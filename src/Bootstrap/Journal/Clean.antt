-- ===== src/Bootstrap/Journal/Clean.antt =====
-- The validators index their slices within bounds: none of their errors is a crash.
use sovereignite.Base.{
  Bytes, ℕ, ◌+◌, ◌≤◌, Bool, true, false, Option, none, some, String, List, [], ◌∷◌, ==_iff, passes,
  fail_if, fail_if-none, first_error-none, first_error, All, length, ◌≡◌, refl, arith,
}
use sovereignite.Bootstrap.Step.{Step, Component, ordered_steps}
use sovereignite.Bootstrap.Error.{Error, is_clean, is_clean_result, IsClean}
use sovereignite.Bootstrap.Identifier.{
  required_checks, pinned_checks, validate_required_identifier, validate_pinned_identifier,
}
use sovereignite.Bootstrap.Journal.{
  Time, Evidence, JournalState, Attempt, StepRecord, Failure, Journal, expected_components,
  requires_ready, observation_checks, evidence_checks, validate_evidence_shape, record_checks,
  steps_checks, header_checks, prepared_checks, prepared_time_check, state_check, current_check,
  failure_checks, failure_check, validate_journal,
}

pub fail_if-IsClean : (b : Bool) (e : Error) → is_clean e ≡ true → IsClean (fail_if b e)
unfolding is_clean_result
fail_if-IsClean true e h = h
fail_if-IsClean false e h = refl

IsClean-none : IsClean none
unfolding is_clean_result
IsClean-none = refl

-- In a row of checks each may rely on those before it.
pub row-IsClean :
    (r : Option Error) (rest : List (Option Error))
    → IsClean r
    → (r ≡ none → IsClean (first_error rest))
    → IsClean (first_error (r ∷ rest))
unfolding first_error is_clean_result
row-IsClean none rest h k = k refl
row-IsClean (some e) rest h k = h

pub first_error-IsClean :
    (checks : List (Option Error)) → All IsClean checks → IsClean (first_error checks)
unfolding first_error is_clean_result
first_error-IsClean [] h = refl
first_error-IsClean (r ∷ rest) h = row-IsClean r rest h.0 (λ _. first_error-IsClean rest h.1)

validate_required_identifier-IsClean :
    (name : String) (v : Bytes) → IsClean (validate_required_identifier name v)
unfolding validate_required_identifier
validate_required_identifier-IsClean name v = first_error-IsClean (required_checks name v) (
  fail_if-IsClean _ _ refl,
  (fail_if-IsClean _ _ refl, (fail_if-IsClean _ _ refl, (fail_if-IsClean _ _ refl, tt))),
)

validate_pinned_identifier-IsClean :
    (name : String) (v : Bytes) → IsClean (validate_pinned_identifier name v)
unfolding validate_pinned_identifier
validate_pinned_identifier-IsClean name v =
    first_error-IsClean (pinned_checks name v)
      (validate_required_identifier-IsClean name v, (fail_if-IsClean _ _ refl, tt))

evidence_checks-IsClean :
    (readiness : Bool) (index : ℕ) (os : Evidence) (cs : List Component)
    → length os ≡ length cs
    → All IsClean (evidence_checks readiness index os cs)
unfolding evidence_checks
evidence_checks-IsClean readiness index [] cs e = tt
evidence_checks-IsClean readiness index (o ∷ os) [] e = absurd (omega arith)
evidence_checks-IsClean readiness index (o ∷ os) (c ∷ cs) e = (
  first_error-IsClean (observation_checks readiness index o c) (
    fail_if-IsClean _ _ refl,
    (
      validate_pinned_identifier-IsClean _ _,
      (fail_if-IsClean _ _ refl, (fail_if-IsClean _ _ refl, tt)),
    ),
  ),
  evidence_checks-IsClean readiness (index + 1) os cs (omega arith),
)

pub validate_evidence_shape-IsClean :
    (step : Step) (evidence : Evidence) → IsClean (validate_evidence_shape step evidence)
unfolding validate_evidence_shape
validate_evidence_shape-IsClean step evidence =
    row-IsClean _ _ (fail_if-IsClean _ _ refl) λ counted. first_error-IsClean _ (
      first_error-IsClean _ (
          evidence_checks-IsClean (requires_ready step) 0 evidence (expected_components step)
            ((==_iff _ _).0 (passes _ _ counted))),
      tt,
    )

steps_checks-IsClean :
    (updated : Time) (index : ℕ) (rs : List StepRecord) (ordered : List Step)
    → length rs ≤ length ordered
    → All IsClean (steps_checks updated index rs ordered)
unfolding steps_checks
steps_checks-IsClean updated index [] ordered e = tt
steps_checks-IsClean updated index (r ∷ rs) [] e = absurd (omega arith)
steps_checks-IsClean updated index (r ∷ rs) (s ∷ ordered) e = (
  first_error-IsClean (record_checks updated index r s) (
    fail_if-IsClean _ _ refl,
    (fail_if-IsClean _ _ refl, (validate_evidence_shape-IsClean _ _, tt)),
  ),
  steps_checks-IsClean updated (index + 1) rs ordered (omega arith),
)

prepared_time_check-IsClean :
    (updated : Time) (b : Bool) (t : Option Time) → IsClean (prepared_time_check updated b t)
unfolding is_clean_result
prepared_time_check-IsClean updated true none = refl
prepared_time_check-IsClean updated true (some t) = ground arith
prepared_time_check-IsClean updated false none = refl
prepared_time_check-IsClean updated false (some t) = refl

state_check-IsClean : (s : JournalState) (j : Journal) → IsClean (state_check s j)
unfolding state_check is_clean_result
state_check-IsClean JournalState.in_progress j = ground arith
state_check-IsClean JournalState.complete j = ground arith
state_check-IsClean JournalState.failed j = ground arith
state_check-IsClean (JournalState.other_state s) j = refl

current_check-IsClean : (a : Option Attempt) (j : Journal) → IsClean (current_check a j)
unfolding current_check is_clean_result
current_check-IsClean none j = refl
current_check-IsClean (some a) j = ground arith

failure_check-IsClean : (f : Option Failure) (j : Journal) → IsClean (failure_check f j)
unfolding failure_check
failure_check-IsClean none j = IsClean-none
failure_check-IsClean (some f) j =
    first_error-IsClean (failure_checks j f)
      (fail_if-IsClean _ _ refl, (fail_if-IsClean _ _ refl, (fail_if-IsClean _ _ refl, tt)))

-- Too many steps are refused before the loop that compares them with the order.
header_bounds : (j : Journal) → first_error (header_checks j) ≡ none → length j.steps ≤ 9
header_bounds j h =
    ground (arith, fail_if-none _ _ (first_error-none (header_checks j) h).1.1.1.1.1.1.0)

-- validateJournal never crashes, whatever the journal: its indices into the order and into the expected
-- components stay in range.
pub validate_journal-IsClean : (j : Journal) → IsClean (validate_journal j)
unfolding validate_journal
validate_journal-IsClean j =
    row-IsClean (first_error (header_checks j)) _
      (first_error-IsClean (header_checks j) (
        fail_if-IsClean _ _ refl,
        (
          fail_if-IsClean _ _ refl,
          (
            fail_if-IsClean _ _ refl,
            (
              validate_pinned_identifier-IsClean _ _,
              (
                fail_if-IsClean _ _ refl,
                (fail_if-IsClean _ _ refl, (fail_if-IsClean _ _ refl, tt)),
              ),
            ),
          ),
        ),
      ))
      λ header. first_error-IsClean _ (
        first_error-IsClean _
            (steps_checks-IsClean j.updated_at 0 j.steps ordered_steps (header_bounds j header)),
        (
          first_error-IsClean (prepared_checks j) (
            fail_if-IsClean _ _ refl,
            (prepared_time_check-IsClean j.updated_at j.prepared j.prepared_at, tt),
          ),
          (state_check-IsClean _ _, (current_check-IsClean _ _, (failure_check-IsClean _ _, tt))),
        ),
      )
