-- ===== src/Bootstrap/Store/Laws.antt =====
-- What `Load` returns and what `Save` leaves in the journal's file.
use sovereignite.Base.{
  Bytes, ◌≤◌, ◌<◌, Bool, true, false, Option, none, some, List, [], ◌∷◌, ◌++◌, fail_if,
  fail_if-none, length, ◌≡◌, refl, arith,
}
use sovereignite.Bootstrap.Error.{
  Error, foreign, Result, ok, err, or_err, is_clean, is_clean_result, IsClean,
}
use sovereignite.Bootstrap.Journal.{Journal, validate_journal}
use sovereignite.Bootstrap.Journal.Validity.{IsValid}
use sovereignite.Bootstrap.Journal.Accepted.{validate_journal-IsValid}
use sovereignite.Bootstrap.Journal.Clean.{validate_journal-IsClean}
use sovereignite.Bootstrap.Machine.{FilePoint, Env, Event, Sys, M, lift, check, ◌>>=◌}
use sovereignite.Bootstrap.Machine.Triple.{
  Triple, check_then, ask_then, lift_then, pure_rule, weaken, bind_rule,
}
use sovereignite.Bootstrap.Store.{
  max_uint64, get_file, fault, read_journal, read_if_there, load_journal_file, load,
}

-- The documented behaviour of `encoding/json` on a valid journal: what `MarshalIndent` wrote, with a
-- line feed behind it, `Decode` reads back; and what `Decode` puts into a field fits its type.
pub record Codec (e : Env) : Type 0 where
  pub round_trip :
      (j : Journal) (b : Bytes)
      → IsValid j
      → e.marshal_journal j ≡ some b
      → e.decode_journal (b ++ 10 ∷ []) ≡ some j
  -- a revision is a uint64
  pub fits : (j : Journal) (b : Bytes) → e.decode_journal b ≡ some j → j.revision ≤ max_uint64

module _ (e : Env) where
  -- The file holds exactly this valid journal.
  pub record IsStored (j : Journal) (file : Option Bytes) : Type 0 where
    pub bytes : Bytes
    pub held : file ≡ some bytes
    pub nonempty : 0 < length bytes
    pub bounded : length bytes ≤ 4194304
    pub decoded : e.decode_journal bytes ≡ some j
    pub valid : IsValid j

  abbrev pub Holds : Option Journal → Option Bytes → Type 0
  Holds none file = file ≡ none
  Holds (some j) file = IsStored j file

  -- A fact about the file and the trace, which no other part of the world changes.
  abbrev pub On : (Option Bytes → List Event → Type 0) → Sys e.World → Type 0
  On φ s = φ s.file s.trace

  -- A step that may fail cleanly and keeps what holds of file and trace.
  abbrev pub OnFailure : (Option Bytes → List Event → Type 0) → Error → Sys e.World → Type 0
  OnFailure φ er s = (is_clean er ≡ true) × φ s.file s.trace

-- A refused check, when the validator's error is clean.
pub clean_error : (r : Option Error) {er : Error} → IsClean r → r ≡ some er → is_clean er ≡ true
unfolding is_clean_result
clean_error none h p = cc
clean_error (some e) h p = ground arith

pub fail_if_clean :
    (b : Bool) (e : Error) {er : Error}
    → is_clean e ≡ true
    → fail_if b e ≡ some er
    → is_clean er ≡ true
fail_if_clean true e h p = ground arith
fail_if_clean false e h p = cc

-- Rules for what may fail cleanly, with the rest of its block: the failure keeps what holds.
module _ (e : Env) (φ : Option Bytes → List Event → Type 0) {E : Error → Sys e.World → Type 0}
    (bad : (er : Error) (s : Sys e.World) → OnFailure e φ er s → E er s) where
  module _ {B : Type 0} {R : B → Sys e.World → Type 0} where
    pub fault_then :
        (p : FilePoint) (f : Unit {0} → M e.World B)
        → Triple (On e φ) (f tt) R E
        → Triple (On e φ) (fault e p >>= f) R E
    fault_then p f k =
        ask_then (e.file_fault p) f (λ s w h. h) (λ s n h. bad (foreign n) s (refl, h)) k

    pub refuse_then :
        (b : Bool) (er : Error) (f : Unit {0} → M e.World B)
        → is_clean er ≡ true
        → (b ≡ false → Triple (On e φ) (f tt) R E)
        → Triple (On e φ) (check (fail_if b er) >>= f) R E
    refuse_then b er f clean k =
        check_then (fail_if b er) f (λ er' p s h. bad er' s (fail_if_clean b er clean p, h))
          (λ p. k (fail_if-none b er p))

    pub valid_then :
        (j : Journal) (f : Unit {0} → M e.World B)
        → (IsValid j → Triple (On e φ) (f tt) R E)
        → Triple (On e φ) (check (validate_journal j) >>= f) R E
    valid_then j f k =
        check_then (validate_journal j) f
          (λ er p s h.
            bad er s (clean_error (validate_journal j) (validate_journal-IsClean j) p, h))
          (λ p. k ((validate_journal-IsValid j).0 p))

  module _ {A B : Type 0} {R : B → Sys e.World → Type 0} where
    pub or_err_then :
        (o : Option A) (er : Error) (f : A → M e.World B)
        → is_clean er ≡ true
        → ((a : A) → o ≡ some a → Triple (On e φ) (f a) R E)
        → Triple (On e φ) (lift (or_err o er) >>= f) R E
    or_err_then none er f clean k =
        lift_then (err er) f (λ er' p s h. bad er' s (err_clean p, h)) (λ a p. cc)
      where
        err_clean : {er' : Error} → ◌≡◌ {A = Result A} (err er) (err er') → is_clean er' ≡ true
        err_clean p = cc clean
    or_err_then (some a) er f clean k = lift_then (ok a) f (λ er' p s h. cc) (λ a' p. k a' (cc))

-- What is learnt of the file stands beside what held before.
module _ (e : Env) (φ : Option Bytes → List Event → Type 0) where
  abbrev pub AndHolds : Option Journal → Option Bytes → List Event → Type 0
  AndHolds r f t = φ f t × Holds e r f

  abbrev Read : Bytes → Option Bytes → List Event → Type 0
  Read content f t = φ f t × (f ≡ some content)

  read_journal_Holds :
      (content : Bytes)
      → Triple
          (On e (Read content))
          (read_journal e content)
          (λ r. On e (AndHolds r))
          (OnFailure e (Read content))
  unfolding read_journal
  read_journal_Holds content =
      refuse_then e (Read content) (λ er s h. h) _ _ _ refl
        λ sized.
          fault_then e (Read content) (λ er s h. h) _ _
            (fault_then e (Read content) (λ er s h. h) _ _
              (or_err_then e (Read content) (λ er s h. h) (e.decode_journal content) _ _ refl
                λ journal decoded.
                  (valid_then e (Read content) (λ er s h. h) journal _
                    λ valid. pure_rule _ λ s h. (
                      h.0,
                      record {
                        bytes = content;
                        held = h.1;
                        nonempty = ground arith;
                        bounded = ground arith;
                        decoded = decoded;
                        valid = valid;
                      },
                    ))))

  get_file_rule : Triple (On e φ) get_file (λ r. On e (λ f t. φ f t × (f ≡ r))) (OnFailure e φ)
  unfolding get_file
  get_file_rule = record { at = λ s h. (h, refl) }

  drop-Read :
      (content : Bytes) (er : Error) (s : Sys e.World)
      → OnFailure e (Read content) er s
      → OnFailure e φ er s
  drop-Read content er s h = (h.0, h.1.0)

  read_if_there_Holds :
      (file : Option Bytes)
      → Triple
          (On e (λ f t. φ f t × (f ≡ file)))
          (read_if_there e file)
          (λ r. On e (AndHolds r))
          (OnFailure e φ)
  read_if_there_Holds none = pure_rule none (λ s h. h)
  read_if_there_Holds (some content) =
      weaken (read_journal e content) (read_journal_Holds content) (λ s h. h) (λ a s h. h)
        (drop-Read content)

  -- Reading the file tells exactly which valid journal it holds, or that there is none; a journal that
  -- cannot be read, decoded or validated is an error, and nothing is changed.
  pub load_journal_file-Holds :
      Triple (On e φ) (load_journal_file e) (λ r. On e (AndHolds r)) (OnFailure e φ)
  unfolding load_journal_file
  load_journal_file-Holds =
      fault_then e φ (λ er s h. h) _ _ (bind_rule _ get_file _ get_file_rule read_if_there_Holds)

  pub load-Holds : Triple (On e φ) (load e) (λ r. On e (AndHolds r)) (OnFailure e φ)
  unfolding load
  load-Holds =
      fault_then e φ (λ er s h. h) _ _ (fault_then e φ (λ er s h. h) _ _ load_journal_file-Holds)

--- --- ---

Exercise
Retype, exactly as shown, the lines from the one with "bounded = ground" through the end of the records.

Exercise answer
                        bounded = ground arith;
                        decoded = decoded;
                        valid = valid;
                      },
                    ))))

  get_file_rule : Triple (On e φ) get_file (λ r. On e (λ f t. φ f t × (f ≡ r))) (OnFailure e φ)
  unfolding get_file
  get_file_rule = record { at = λ s h. (h, refl) }

  drop-Read :
      (content : Bytes) (er : Error) (s : Sys e.World)
      → OnFailure e (Read content) er s
      → OnFailure e φ er s
  drop-Read content er s h = (h.0, h.1.0)

  read_if_there_Holds :
      (file : Option Bytes)
      → Triple
          (On e (λ f t. φ f t × (f ≡ file)))
          (read_if_there e file)
          (λ r. On e (AndHolds r))
          (OnFailure e φ)
  read_if_there_Holds none = pure_rule none (λ s h. h)
  read_if_there_Holds (some content) =
      weaken (read_journal e content) (read_journal_Holds content) (λ s h. h) (λ a s h. h)
        (drop-Read content)

  -- Reading the file tells exactly which valid journal it holds, or that there is none; a journal that
  -- cannot be read, decoded or validated is an error, and nothing is changed.
  pub load_journal_file-Holds :
      Triple (On e φ) (load_journal_file e) (λ r. On e (AndHolds r)) (OnFailure e φ)
  unfolding load_journal_file
  load_journal_file-Holds =
      fault_then e φ (λ er s h. h) _ _ (bind_rule _ get_file _ get_file_rule read_if_there_Holds)

  pub load-Holds : Triple (On e φ) (load e) (λ r. On e (AndHolds r)) (OnFailure e φ)
  unfolding load
  load-Holds =
      fault_then e φ (λ er s h. h) _ _ (fault_then e φ (λ er s h. h) _ _ load_journal_file-Holds)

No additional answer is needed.